Extracted data entries:
---*---
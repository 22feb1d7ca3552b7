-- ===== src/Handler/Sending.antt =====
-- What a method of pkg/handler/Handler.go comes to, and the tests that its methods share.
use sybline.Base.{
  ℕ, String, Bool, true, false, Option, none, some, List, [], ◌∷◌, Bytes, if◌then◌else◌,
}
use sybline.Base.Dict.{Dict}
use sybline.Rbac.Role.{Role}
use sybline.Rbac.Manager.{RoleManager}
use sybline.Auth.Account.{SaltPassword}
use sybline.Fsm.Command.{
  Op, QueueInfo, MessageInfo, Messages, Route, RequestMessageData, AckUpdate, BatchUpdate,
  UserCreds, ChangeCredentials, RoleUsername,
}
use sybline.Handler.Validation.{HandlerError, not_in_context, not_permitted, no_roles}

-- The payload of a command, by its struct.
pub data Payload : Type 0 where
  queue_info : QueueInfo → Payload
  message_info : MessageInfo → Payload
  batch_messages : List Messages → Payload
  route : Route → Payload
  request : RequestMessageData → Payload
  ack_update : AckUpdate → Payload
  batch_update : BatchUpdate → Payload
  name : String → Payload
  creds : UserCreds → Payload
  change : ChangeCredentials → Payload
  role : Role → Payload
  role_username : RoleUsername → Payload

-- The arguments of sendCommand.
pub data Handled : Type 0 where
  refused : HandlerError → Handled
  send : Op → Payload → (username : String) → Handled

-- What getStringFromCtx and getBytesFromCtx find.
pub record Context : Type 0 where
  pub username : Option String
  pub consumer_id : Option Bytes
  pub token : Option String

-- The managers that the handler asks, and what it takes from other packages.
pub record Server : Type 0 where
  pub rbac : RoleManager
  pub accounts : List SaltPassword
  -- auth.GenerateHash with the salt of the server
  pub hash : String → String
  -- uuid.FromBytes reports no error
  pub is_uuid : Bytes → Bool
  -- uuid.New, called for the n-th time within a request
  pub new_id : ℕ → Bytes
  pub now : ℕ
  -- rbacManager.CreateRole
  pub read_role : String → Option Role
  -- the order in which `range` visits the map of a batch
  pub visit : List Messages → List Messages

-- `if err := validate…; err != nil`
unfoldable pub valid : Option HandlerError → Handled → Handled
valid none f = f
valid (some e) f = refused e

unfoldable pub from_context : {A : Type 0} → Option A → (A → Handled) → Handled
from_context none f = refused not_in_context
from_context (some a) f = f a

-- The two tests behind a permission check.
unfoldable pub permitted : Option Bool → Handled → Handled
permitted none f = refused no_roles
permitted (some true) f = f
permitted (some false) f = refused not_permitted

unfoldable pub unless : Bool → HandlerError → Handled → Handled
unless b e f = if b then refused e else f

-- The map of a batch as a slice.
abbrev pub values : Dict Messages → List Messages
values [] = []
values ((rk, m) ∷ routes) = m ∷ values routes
---*---
TASK TO COMPLETE: Within the entries above, work out how many lines contain the word "else". The number alone is the answer.

RESULT: 2